Everyone knows that a lawyer is not permitted to speak to a person he knows to be represented by counsel during the course of a litigation. This well known rule comes from New York Rule of Professional Conduct 4.2: “[i]n representing a client, a lawyer shall not communicate or cause another to communicate about the subject of the representation with a party the lawyer knows to be represented by another lawyer in the matter.”
When the party is a person, the rule is easy to interpret and to apply – no communication with that person. But when the opposing party is a corporation, the analysis has the potential for differences of opinion in ways that could prove critical in your litigation. Whether an employee or former employees of a corporate party qualify as parties under the Rule are the source of nearly every disputes under Rule 4.2.
After years of making lawyers guess who was and was not covered, the New York Court of Appeals finally addressed the issue. In Niesig v. Team I, 76 N.Y.2d 363 (1990) the Court finally articulated a test for determining whether an employee of a corporate litigation is a party, finding that corporate employees whose acts or omissions in the matter under inquiry are binding on the corporate defendant are off limits and not to be contacted by adverse counsel.

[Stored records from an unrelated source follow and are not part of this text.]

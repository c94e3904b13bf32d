-- ===== src/Dns/Forwarders.antt =====
-- What NormalizeForwarders accepts.
use app_runner.Prelude.{
  ℕ, ◌≤◌, ◌≡◌, ◌≢◌, inl, inr, refl, false, Option, none, some, List, [], ◌∷◌, ◌++◌, Text, same,
  trim_space, All, exists, length, if_cases, Bool-cases, Option-cases, subst, ◌⊎◌, ◌&&◌, ◌==◌,
  arith,
}
use app_runner.Net.{Addr, same_addr}
use app_runner.Dns.{add_forwarder, forwarders_from, bounded, normalize_forwarders, is_blank_text}

module _ (parse : Text → Option (Addr × ℕ)) (print : Addr × ℕ → Text) (server : Addr) where
  -- A forwarder is the text of an address with a port, and not the DNS server's own.
  pub record IsForwarder (t : Text) : Type 0 where
    pub address : Addr
    pub port : ℕ
    pub text : t ≡ print (address, port)
    pub elsewhere : (same_addr address server ≡ false) ⊎ (port ≢ 53)

  All-append :
      (fs : List Text) (t : Text)
      → All IsForwarder fs
      → IsForwarder t
      → All IsForwarder (fs ++ t ∷ [])
  All-append [] t a h = (h, tt)
  All-append (f ∷ fs) t a h = (a.0, All-append fs t a.1 h)

  elsewhere_of :
      (a : Addr) (p : ℕ)
      → (same_addr a server && p == 53) ≡ false
      → (same_addr a server ≡ false) ⊎ (p ≢ 53)
  elsewhere_of a p h = elim (Bool-cases (same_addr a server)) [
    | inl e ↦ inr (λ q. ground arith)
    | inr e ↦ inl e
  ]

  add_forwarder-All :
      (o : Option (Addr × ℕ)) (found more : List Text)
      → All IsForwarder found
      → add_forwarder parse print server o found ≡ some more
      → All IsForwarder more
  unfolding add_forwarder
  add_forwarder-All none found more h e = cc
  add_forwarder-All (some (a, p)) found more h e =
      if_cases (λ (r : Option (List Text)). r ≡ some more → All IsForwarder more)
        (same_addr a server && p == 53) (λ _ q. cc)
        (λ away.
          if_cases (λ (r : Option (List Text)). r ≡ some more → All IsForwarder more)
            (exists (λ f. same f (print (a, p))) found)
            (λ _ q. subst (All IsForwarder) (ground arith) h)
            (λ _ q. subst (All IsForwarder) (ground arith) (
              All-append found (print (a, p)) h (record {
                address = a;
                port = p;
                text = refl;
                elsewhere = elsewhere_of a p away;
              }))))
        e

  forwarders_from-All :
      (values found result : List Text)
      → All IsForwarder found
      → forwarders_from parse print server found values ≡ some result
      → All IsForwarder result
  unfolding forwarders_from
  forwarders_from-All [] found result h e = subst (All IsForwarder) (ground arith) h
  forwarders_from-All (v ∷ vs) found result h e = elim (Bool-cases (is_blank_text (trim_space v))) [
    | inl b ↦ forwarders_from-All vs found result h (ground arith)
    | inr b ↦ elim (Option-cases (add_forwarder parse print server (parse (trim_space v)) found)) [
      | inl q ↦ absurd (ground arith)
      | inr (more, q) ↦
          forwarders_from-All vs more result (add_forwarder-All _ found more h q) (ground arith)
    ]
  ]

  -- NormalizeForwarders returns one to eight forwarders, each the text of an address and a port
  -- other than the managed DNS server's own, so that no query comes back to it.
  pub normalize_forwarders-All :
      (values result : List Text)
      → normalize_forwarders parse print server values ≡ some result
      → (1 ≤ length result) × (length result ≤ 8) × All IsForwarder result
  unfolding normalize_forwarders bounded
  normalize_forwarders-All values result h =
      elim (Option-cases (forwarders_from parse print server [] values)) [
        | inl q ↦ absurd (ground arith)
        | inr (fs, q) ↦
            let same_list : fs ≡ result = ground arith in
            (
              ground arith,
              ground arith,
              subst (All IsForwarder) same_list (forwarders_from-All values [] fs tt q),
            )
      ]
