-- ===== src/Examples.antt =====
-- The theorems at concrete inputs, part by part.
mod Leases
mod Packets
mod Consoles
mod Networks
mod Bridges
mod Guests
mod Bmcs
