-- ===== src/Examples/Bmcs.antt =====
-- The theorems on the virtual BMCs: a network that counts its calls, and a machine with a BMC.
use app_runner.Prelude.{ℕ, ◌+◌, true, false, none, some, [], ◌∷◌, codes, lookup}
use app_runner.Net.{ipv4}
use app_runner.Vm.{VirtualMachine, bios, stopped, no_cloud_init}
use app_runner.Bmc.{Network, Manager, configure, server_stopped}
use app_runner.Bmc.Apart.{IsApart, begin, next, configures, ends, Reach-IsApart}

abbrev network : Network ℕ
network = record {
  require_bridge = λ b h. true;
  bridge_addresses = λ b h. some (record { addr = ipv4 167772161; bits = 24 } ∷ []);
  host_addresses = λ h. some (ipv4 167772161 ∷ []);
  add_address = λ b q h. (h + 1, true);
  delete_address = λ b q h. h + 1;
  listen = λ a h. (h + 1, true);
  close_connection = λ a h. h + 1;
  close_server = λ r h. h + 1;
  add_user = λ u. true;
  parse_addr = λ t. some (ipv4 167772162);
  prefix_for_bridge = λ b. none;
}

abbrev managed : VirtualMachine
managed = record {
  id = codes "1";
  name = codes "web";
  description = [];
  cpus = 2;
  memory_mib = 1024;
  firmware = bios;
  status = stopped;
  created_at = 0;
  last_error = [];
  pid = 0;
  disks = [];
  cdroms = [];
  nics = [];
  cloud_init = no_cloud_init;
  ipmi = record {
    enabled = true;
    bridge_name = codes "br0";
    address = codes "10.0.0.2";
    username = codes "admin";
    password = codes "secret";
    boot_device = 0;
    boot_persistent = false;
  };
}

abbrev empty : Manager ℕ
empty = record { runtimes = []; next_serial = 0; host = 0 }

empty-IsApart : IsApart [] 0
unfolding lookup
empty-IsApart = record { one_holder = λ i j r s f g e. cc; given = λ i r f. cc }

Reach-IsApart_example :
    IsApart
      (server_stopped network (codes "1") 0 none (configure network managed empty).0).runtimes
      (server_stopped network (codes "1") 0 none (configure network managed empty).0).next_serial
Reach-IsApart_example =
    Reach-IsApart network (next (next begin (configures managed)) (ends (codes "1") 0 none))
      empty-IsApart
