-- ===== src/Examples/Leases.antt =====
-- The theorems on ranges and lease tables, on a network of 192.168.100.0/24.
use app_runner.Net.{Addr-discrete}
use app_runner.Prelude.{
  ℕ, ◌≤◌, ◌<◌, ◌+◌, ◌^◌, ◌≡◌, refl, true, false, none, some, [], ◌∷◌, Text, codes, fold, arith,
  lookup, Text-discrete, ◌↔◌,
}
use app_runner.Net.{Addr, ipv4, contains}
use app_runner.Dhcp.Range.{Range, parsed, parse_range, prefixes_overlap, address_in_pool}
use app_runner.Dhcp.Range.Bounds.{parse_range_accepts}
use app_runner.Dhcp.Range.Overlap.{block, prefixes_overlap_iff}
use app_runner.Dhcp.Lease.{
  Lease, Leases, leased, acquire, prune, stale, grant_new, choose, scan_pool, in_use,
}
use app_runner.Dhcp.Lease.Table.{Distinct}
use app_runner.Dhcp.Lease.Grant.{Granted}
use app_runner.Dhcp.Lease.Acquire.{acquire-Distinct, acquire-Granted}
use app_runner.Dhcp.Lease.Answer.{acquire_strict, acquire_answers}

abbrev pub network : ℕ
network = 3232261120

abbrev pub range : Range
range = record {
  prefix = record { addr = ipv4 network; bits = 24 };
  server = network + 1;
  pool_start = network + 50;
  pool_end = network + 254;
  broadcast = network + 255;
}

abbrev pub lease : Text → Text → ℕ → Lease
lease key hw a = record {
  client_key = key;
  hardware_address = hw;
  address = some (ipv4 a);
  expires_at = 100;
  static = false;
  vm_name = [];
}

abbrev pub two_leases : Leases
two_leases =
    (codes "a", lease (codes "a") (codes "00:0a") (network + 50))
    ∷ (codes "b", lease (codes "b") (codes "00:0b") (network + 51))
    ∷ []

pub two_leases-Distinct : Distinct two_leases
two_leases-Distinct = ((((λ e. ground arith), (λ e. ground arith)), tt), (tt, tt))

abbrev pub new_key : Text
new_key = codes "c"

abbrev pub new_hardware : Text
new_hardware = codes "00:0C"

acquire-Distinct_example :
    Distinct (acquire range 10 new_key new_hardware none false true two_leases).0
acquire-Distinct_example =
    acquire-Distinct range 10 new_key new_hardware none false true two_leases two_leases-Distinct

acquires :
    (acquire range 10 new_key new_hardware none false true two_leases).1
    ≡ leased (some (ipv4 (network + 52)))
unfolding acquire prune stale grant_new choose scan_pool in_use lookup address_in_pool Text-discrete
    fold Addr-discrete
acquires = refl

acquire-Granted_example :
    (x : Addr) × (some (ipv4 (network + 52)) ≡ some x)
    × Granted range 10 new_key
        (fold new_hardware)
        (acquire range 10 new_key new_hardware none false true two_leases).0
        x
acquire-Granted_example =
    acquire-Granted range 10 new_key new_hardware none false true two_leases
      (some (ipv4 (network + 52))) two_leases-Distinct acquires

acquires_strictly :
    (acquire range 10 new_key new_hardware (some (ipv4 (network + 60))) true true two_leases).1
    ≡ leased (some (ipv4 (network + 60)))
unfolding acquire prune stale grant_new choose scan_pool in_use lookup address_in_pool Text-discrete
    fold Addr-discrete
acquires_strictly = refl

acquire_strict_example : some (ipv4 (network + 60)) ≡ some (ipv4 (network + 60))
acquire_strict_example =
    acquire_strict range 10 new_key new_hardware (ipv4 (network + 60)) true two_leases
      (some (ipv4 (network + 60))) acquires_strictly

acquire_answers_example :
    (a : Addr) × ((acquire range 10 new_key new_hardware none false true two_leases).1
      ≡ leased (some a))
acquire_answers_example =
    acquire_answers range 10 new_key new_hardware none two_leases (omega arith)

parse_range_accepts_example :
    (r : Range) × (parse_range (some (record { addr = ipv4 (network + 7); bits = 24 })) ≡ parsed r)
    × (r.prefix ≡ record { addr = ipv4 network; bits = 24 })
    × (r.server ≡ network + 1)
    × (r.pool_start ≡ network + 50)
    × (r.pool_end + 2 ≡ network + 256)
    × (r.broadcast + 1 ≡ network + 256)
    × (r.pool_start + 12 ≤ r.pool_end)
    × (r.broadcast < 2 ^ 32)
parse_range_accepts_example =
    parse_range_accepts (network + 7) 24 (omega arith) (omega arith) (omega arith)

prefixes_overlap_iff_example :
    (prefixes_overlap (block network 24) (block (network + 128) 25) ≡ true) ↔ (
      (a : ℕ) × (contains (block network 24) (ipv4 a) ≡ true)
      × (contains (block (network + 128) 25) (ipv4 a) ≡ true))
prefixes_overlap_iff_example = prefixes_overlap_iff network 24 (network + 128) 25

This definition resolved some issues, but was not precise enough to determine others. This was partially by design because the mandate against contact is not a statute, but only a disciplinary rule that the Court is not obligated to follow to the letter. The Court thereby maintains its flexibility to craft a solution in the interests of justice, though that standard leaves attorneys with little guidance.

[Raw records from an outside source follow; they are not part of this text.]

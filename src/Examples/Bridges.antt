-- ===== src/Examples/Bridges.antt =====
-- The theorems on the settings and the services of bridges.
use app_runner.Net.{contains}
use app_runner.Dhcp.Range.{prefixes_overlap}
use app_runner.Prelude.{word_or}
use app_runner.Net.{Prefix, ipv4, masked}
use app_runner.Validate.{interface_name}
use app_runner.Prelude.{Text-discrete}
use app_runner.Prelude.{
  ℕ, ◌+◌, ◌≡◌, ◌≢◌, ◌⊎◌, refl, true, false, none, some, List, [], ◌∷◌, Text, codes, lookup, arith,
}
use app_runner.Vm.{bios, no_cloud_init, no_ipmi, VirtualMachine, running}
use app_runner.Dhcp.Config.{BridgeConfig}
use app_runner.Dhcp.Range.{parse_range}
use app_runner.Dhcp.Service.{Controllers, Manager, prepare_bridge}
use app_runner.Dhcp.Service.Users.{Served, prepare_bridge-Served}
use app_runner.Dhcp.Service.Idle.{
  IsUsed, Event, prepares, drops, ends, shuts, happen_all, happen_all-IsUsed,
}
use app_runner.Dhcp.Settings.{Settings, SettingsRequest, not_saved, configure, suggest_cidr, no_dns}
use app_runner.Dhcp.Settings.Refused.{configure_unchanged}
use app_runner.Dhcp.Settings.Applied.{
  Apart, Applied, configure-Applied, last_resort, suggest_cidr-Apart,
}
use app_runner.Examples.Leases.{network, range}

-- A host is the number of calls made to it; each of them succeeds.
abbrev controllers : Controllers ℕ
controllers = record {
  ensure_address = λ b r h. (h + 1, true);
  nat_running = λ b h. false;
  nat_start = λ b p h. (h + 1, true);
  nat_stop = λ b h. (h + 1, true);
  nat_finish = λ h. (h + 1, true);
  dns_running = λ b h. false;
  dns_start = λ b a d h. (h + 1, true);
  dns_stop = λ b h. (h + 1, true);
  dns_close = λ h. (h + 1, true);
  listen = λ b r x h. (h + 1, true);
  close = λ b h. (h + 1, true);
}

abbrev bridge : Text
bridge = codes "br0"

abbrev served_config : BridgeConfig
served_config = record {
  enabled = true;
  cidr = some range.prefix;
  nat = true;
  dns = no_dns;
  http_boot_url = [];
}

abbrev idle_manager : Manager ℕ
idle_manager = record {
  host = 0;
  configs = (bridge, served_config) ∷ [];
  runtimes = [];
  errors = [];
  next_serial = 0;
}

abbrev guest : VirtualMachine
guest = record {
  id = codes "7";
  name = codes "guest";
  description = [];
  cpus = 2;
  memory_mib = 1024;
  firmware = bios;
  status = running;
  created_at = 0;
  last_error = [];
  pid = 1;
  disks = [];
  cdroms = [];
  nics = [];
  cloud_init = no_cloud_init;
  ipmi = no_ipmi;
}

configured : lookup bridge idle_manager.configs ≡ some served_config
unfolding lookup Text-discrete
configured = refl

prepare_bridge-Served_example :
    Served controllers bridge served_config guest idle_manager
      (prepare_bridge controllers bridge guest idle_manager)
prepare_bridge-Served_example =
    prepare_bridge-Served controllers bridge served_config guest idle_manager configured refl

abbrev happenings : List (Event controllers)
happenings = prepares bridge guest ∷ ends bridge 0 true ∷ drops bridge (codes "7") ∷ shuts ∷ []

happen_all-IsUsed_example : IsUsed controllers (happen_all controllers idle_manager happenings)
happen_all-IsUsed_example = happen_all-IsUsed controllers idle_manager happenings tt

-- The range of another bridge, the next /24.
abbrev other_prefix : Prefix
other_prefix = record { addr = ipv4 (network + 256); bits = 24 }

abbrev settings : Settings
settings = record {
  bridges = (codes "br1", record served_config { cidr = some other_prefix }) ∷ [];
  leases = [];
  errors = [];
  in_use = [];
}

abbrev asked : SettingsRequest
asked = record {
  bridge = bridge;
  enabled = true;
  cidr = some range.prefix;
  nat = true;
  dns = no_dns;
  boot_url = [];
  boot_url_ok = true;
  provider_ok = true;
  forwarders = none;
}

configures : (configure asked true settings).1 ≡ none
unfolding configure interface_name Text-discrete parse_range masked word_or prefixes_overlap
    contains
configures = refl

configure-Applied_example :
    Applied asked settings (configure asked true settings).0 (parse_range asked.cidr)
configure-Applied_example = configure-Applied asked true settings refl configures

not_stored : (configure asked false settings).1 ≡ some not_saved
unfolding configure interface_name Text-discrete parse_range masked word_or prefixes_overlap
    contains
not_stored = refl

unsaved : (configure asked false settings).1 ≢ none
unsaved e = ground (arith, not_stored)

configure_unchanged_example :
    (lookup bridge (configure asked false settings).0.bridges ≡ lookup bridge settings.bridges)
    × (lookup bridge (configure asked false settings).0.leases ≡ lookup bridge settings.leases)
configure_unchanged_example = configure_unchanged bridge asked false settings unsaved

suggest_cidr-Apart_example :
    (suggest_cidr bridge settings ≡ last_resort)
    ⊎ Apart bridge (suggest_cidr bridge settings) settings.bridges
suggest_cidr-Apart_example = suggest_cidr-Apart bridge settings
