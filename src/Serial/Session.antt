-- ===== src/Serial/Session.antt =====
-- One VM's serial session (internal/serialconsole/hub.go: session, attachment, Stream). Each
-- function is what runs under `session.mu`; a connection and an attachment are numbers. The
-- channels of all attachments ever made are kept by their number. `session.close` is two steps,
-- since it closes the stop channel before it takes the lock.
pub mod Invariant
pub mod History
pub mod Delivery
use app_runner.Prelude.{
  ℕ, suc, ◌+◌, ◌-◌, ◌^◌, Bool, true, false, Option, none, some, List, [], ◌∷◌, ◌++◌, ltb, ◌==◌,
  if◌then◌else◌, length, take, drop, is_some,
}

-- A buffered channel of chunks.
pub record Channel : Type 0 where
  pub queue : List (List ℕ)
  pub closed : Bool

pub record Session : Type 0 where
  pub upstream : Option ℕ
  pub history : List ℕ
  pub history_limit : ℕ
  pub attached : Option ℕ
  pub stopped : Bool
  pub channel : ℕ → Channel
  pub next_attachment : ℕ

abbrev pub channel_capacity : ℕ
channel_capacity = 64

abbrev pub default_history_bytes : ℕ
default_history_bytes = 2 ^ 20

unfoldable pub new_session : ℕ → Session
new_session limit = record {
  upstream = none;
  history = [];
  history_limit = limit;
  attached = none;
  stopped = false;
  channel = λ i. record { queue = []; closed = true };
  next_attachment = 0;
}

abbrev pub update : (ℕ → Channel) → ℕ → Channel → ℕ → Channel
update f i c j = if j == i then c else f j

unfoldable pub set_upstream : ℕ → Session → Session × Bool
set_upstream c s = if s.stopped then (s, false) else (record s { upstream = some c }, true)

unfoldable pub close_channel : ℕ → Session → Session
close_channel i s = record s {
  channel = update s.channel i (record (s.channel i) { closed = true });
}

-- `detachLocked`
unfoldable pub detach_locked : ℕ → Session → Session
unfolding close_channel
detach_locked i s = close_channel i (record s { attached = none })

unfoldable pub detach_current : Option ℕ → Session → Session
unfolding detach_locked
detach_current none s = s
detach_current (some i) s = detach_locked i s

-- The history keeps its last `history_limit` bytes.
unfoldable pub trim : ℕ → List ℕ → List ℕ
trim limit h = drop (length h - limit) h

send : List ℕ → Option ℕ → Session → Session
unfolding detach_locked
send chunk none s = s
send chunk (some i) s =
    if ltb (length (s.channel i).queue) channel_capacity
    then record s {
      channel =
          update s.channel i (record (s.channel i) { queue = (s.channel i).queue ++ chunk ∷ [] });
    }
    else detach_locked i s

unfoldable pub publish : List ℕ → Session → Session
unfolding send trim
publish chunk s =
    send chunk s.attached (record s { history = trim s.history_limit (s.history ++ chunk) })

pub data AttachResult : Type 0 where
  stream : ℕ → AttachResult
  not_connected in_use : AttachResult

abbrev pub history_queue : List ℕ → List (List ℕ)
history_queue [] = []
history_queue (b ∷ h) = (b ∷ h) ∷ []

attach_from : Option ℕ → Option ℕ → Session → Session × AttachResult
attach_from none a s = (s, not_connected)
attach_from (some u) (some a) s = (s, in_use)
attach_from (some u) none s =
    let i = s.next_attachment in
    (
      record s {
        attached = some i;
        channel = update s.channel i (record { queue = history_queue s.history; closed = false });
        next_attachment = i + 1;
      },
      stream i,
    )

unfoldable pub attach : Session → Session × AttachResult
unfolding attach_from
attach s = attach_from s.upstream s.attached s

abbrev pub is : ℕ → Option ℕ → Bool
is i none = false
is i (some j) = i == j

unfoldable pub lost_upstream : ℕ → Session → Session
unfolding detach_current
lost_upstream c s =
    detach_current s.attached (if is c s.upstream then record s { upstream = none } else s)

unfoldable pub detach : ℕ → Session → Session
unfolding detach_locked
detach i s = if is i s.attached then detach_locked i s else s

unfoldable pub close_stop : Session → Session
close_stop s = record s { stopped = true }

unfoldable pub close_clear : Session → Session
unfolding detach_current
close_clear s = detach_current s.attached (record s { upstream = none })

-- `Stream`: the attachment, the rest of the chunk being read, and whether the client closed it.
pub record Stream : Type 0 where
  pub attachment : ℕ
  pub current : List ℕ
  pub closed : Bool

pub data ReadResult : Type 0 where
  bytes : List ℕ → ReadResult
  eof blocked : ReadResult

-- `Stream.Read` of at most n bytes: chunks are received until one is not empty. `blocked` is a
-- read that waits, since the channel is open and has no chunk.
read_from : ℕ → List ℕ → List (List ℕ) → Bool → List ℕ × List (List ℕ) × ReadResult
read_from n (b ∷ current) queue closed = (drop n (b ∷ current), queue, bytes (take n (b ∷ current)))
read_from n [] [] true = ([], [], eof)
read_from n [] [] false = ([], [], blocked)
read_from n [] (chunk ∷ queue) closed = read_from n chunk queue closed

unfoldable pub read : ℕ → Stream → Session → Stream × Session × ReadResult
unfolding read_from
read n r s =
    let c = s.channel r.attachment in
    let (current, queue, result) = read_from n r.current c.queue c.closed in
    (
      record r { current = current },
      record s { channel = update s.channel r.attachment (record c { queue = queue }) },
      result,
    )

-- `Stream.Close`
unfoldable pub close_stream : Stream → Session → Stream × Session
unfolding detach
close_stream r s = if r.closed then (r, s) else (record r { closed = true }, detach r.attachment s)

-- `session.write`: the connection that the bytes go to, if there is one.
unfoldable pub write : Session → Option ℕ
write s = s.upstream

pub data Event : Type 0 where
  connected lost detaching : ℕ → Event
  output : List ℕ → Event
  attaching stopping clearing : Event
  reading : ℕ → Stream → Event

unfoldable pub step : Session → Event → Session
unfolding set_upstream publish attach lost_upstream detach close_stop close_clear read
step s (connected c) = (set_upstream c s).0
step s (lost c) = lost_upstream c s
step s (detaching i) = detach i s
step s (output chunk) = publish chunk s
step s attaching = (attach s).0
step s stopping = close_stop s
step s clearing = close_clear s
step s (reading n r) = (read n r s).1

unfoldable pub run : Session → List Event → Session
run s [] = s
run s (e ∷ es) = run (step s e) es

It took another ten years for the Court of Appeals to clarify in Siebert v. Intuit, Inc., 8 N.Y.3d 506 (2007) that the test in Niesig only permitted ex parte communication with former, not current, employees.
Where an ex parte communication is permitted, the attorney must make their identity and interest known to interviewees and comport themselves ethically, meaning they cannot feign disinterest or pretend to be someone other than who they are.
In practice, this remains a fertile ground for uncertainty. None of the tests are definitive enough to allow an attorney to proceed with absolute confidence. Whether or not a person is presently employed is not always as black and white as the Court might have hoped. This is especially so in the construction industry, where employment is often seasonal and sporadic based on need. Whether or not a former employee’s acts are to be considered binding on the employer is equally murky.
Fortunately, attorneys far more often than not err on the side of caution in this area, and ask opposing counsel for permission to speak with a former employee or ask for their appearance at a deposition where the checks and balances of the adversarial system are in place. The penalty for communication ex parte with a party who an attorney should not have communicated with can be as severe as disqualification, so that infractions tend to occur with infrequency. The bottom line is caution must be exercised in communicating ex parte with former employees.